Furthermore, this court is of the opinion that the offer of the defendant to pay to the plaintiff the sum of P6,000 was made in good faith, taking into consideration, particularly, the fact that said sum had been deposited in a bank at the disposal of the plaintiff, for the purpose, among other things, of the cancellation of the contract.

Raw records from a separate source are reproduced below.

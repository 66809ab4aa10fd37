-- ===== src/Text/Integer.antt =====
-- Python's `int(text)` and `text.split(c)`, on ASCII.
use model_lib.Prelude.{
  ℕ, zero, suc, ◌+◌, ◌-◌, ◌*◌, Bool, true, false, ◌&&◌, List, [], ◌∷◌, Option, none, some, ◌==◌,
  if◌then◌else◌,
}
use model_lib.Text.{Bytes, is_digit, strip}

-- An `int`.
pub data ℤ : Type 0 where
  pos negsuc : ℕ → ℤ

-- The digits after a first one: one underscore may stand between two digits.
unfoldable pub digits_value : ℕ → Bool → Bytes → Option ℕ
digits_value acc true [] = some acc
digits_value acc false [] = none
digits_value acc after_digit (c ∷ cs) =
    let digit = digits_value (acc * 10 + (c - 48)) true cs in
    let underscore = digits_value acc false cs in
    if is_digit c then digit else if c == b'_' && after_digit then underscore else none

unfoldable pub negate : ℕ → ℤ
negate zero = pos 0
negate (suc n) = negsuc n

unfoldable pub signed : Bytes → Option ℤ
unfolding digits_value negate
signed [] = none
signed (c ∷ cs) =
    if c == b'-'
    then elim (digits_value 0 false cs) [ none ↦ none | some n ↦ some (negate n) ]
    else elim (digits_value 0 false (if c == b'+' then cs else c ∷ cs)) [
      | none ↦ none
      | some n ↦ some (pos n)
    ]

-- `none` stands for the `ValueError`.
unfoldable pub int_of_text : Bytes → Option ℤ
unfolding signed
int_of_text text = signed (strip text)

-- One more character in front of the first piece.
unfoldable pub cons_first : ℕ → List Bytes → List Bytes
cons_first c [] = (c ∷ []) ∷ []
cons_first c (piece ∷ pieces) = (c ∷ piece) ∷ pieces

unfoldable pub split_on : ℕ → Bytes → List Bytes
unfolding cons_first
split_on separator [] = [] ∷ []
split_on separator (c ∷ cs) =
    let rest = split_on separator cs in if c == separator then [] ∷ rest else cons_first c rest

If, according to the judgment of this court in the former case, Exhibit A grants the defendant the option to cancel the contract at any time, upon payment of the sum of P6,000, and if the defendant demanded such cancellation offering to pay said sum in good faith, the plaintiff in refusing to consent to such cancellation, violated the contract. Such being the case, the plaintiff has no cause of action against the defendant because it is based on the alleged obligation of the said defendant to purchase its molasses during the period in which such obligation would not have existed, had not the plaintiff, in violation of the contract, refused the cancellation thereof. In such case, the plaintiff derives its cause of action from its own violation thereof. To recognize the validity of such cause of action would be to sanction and legalize such breach. On the other hand, such breach of contract cannot be the source of rights. Had the contract been cancelled in January, 1931, when the defendant demanded its cancellation, as it had a right to do, there would have been no contract to be complied with by the defendant from that date and the plaintiff’s cause of action could not have been based on the cancelled contract. Plaintiff’s violation of that contract by refusing to cancel the same cannot now be the basis of its cause of action.

Wherefore, the judgment appealed from is hereby affirmed, with costs against the appellant. So ordered.

Street, Hull, Vickers, Butte, and Goddard, JJ., concur.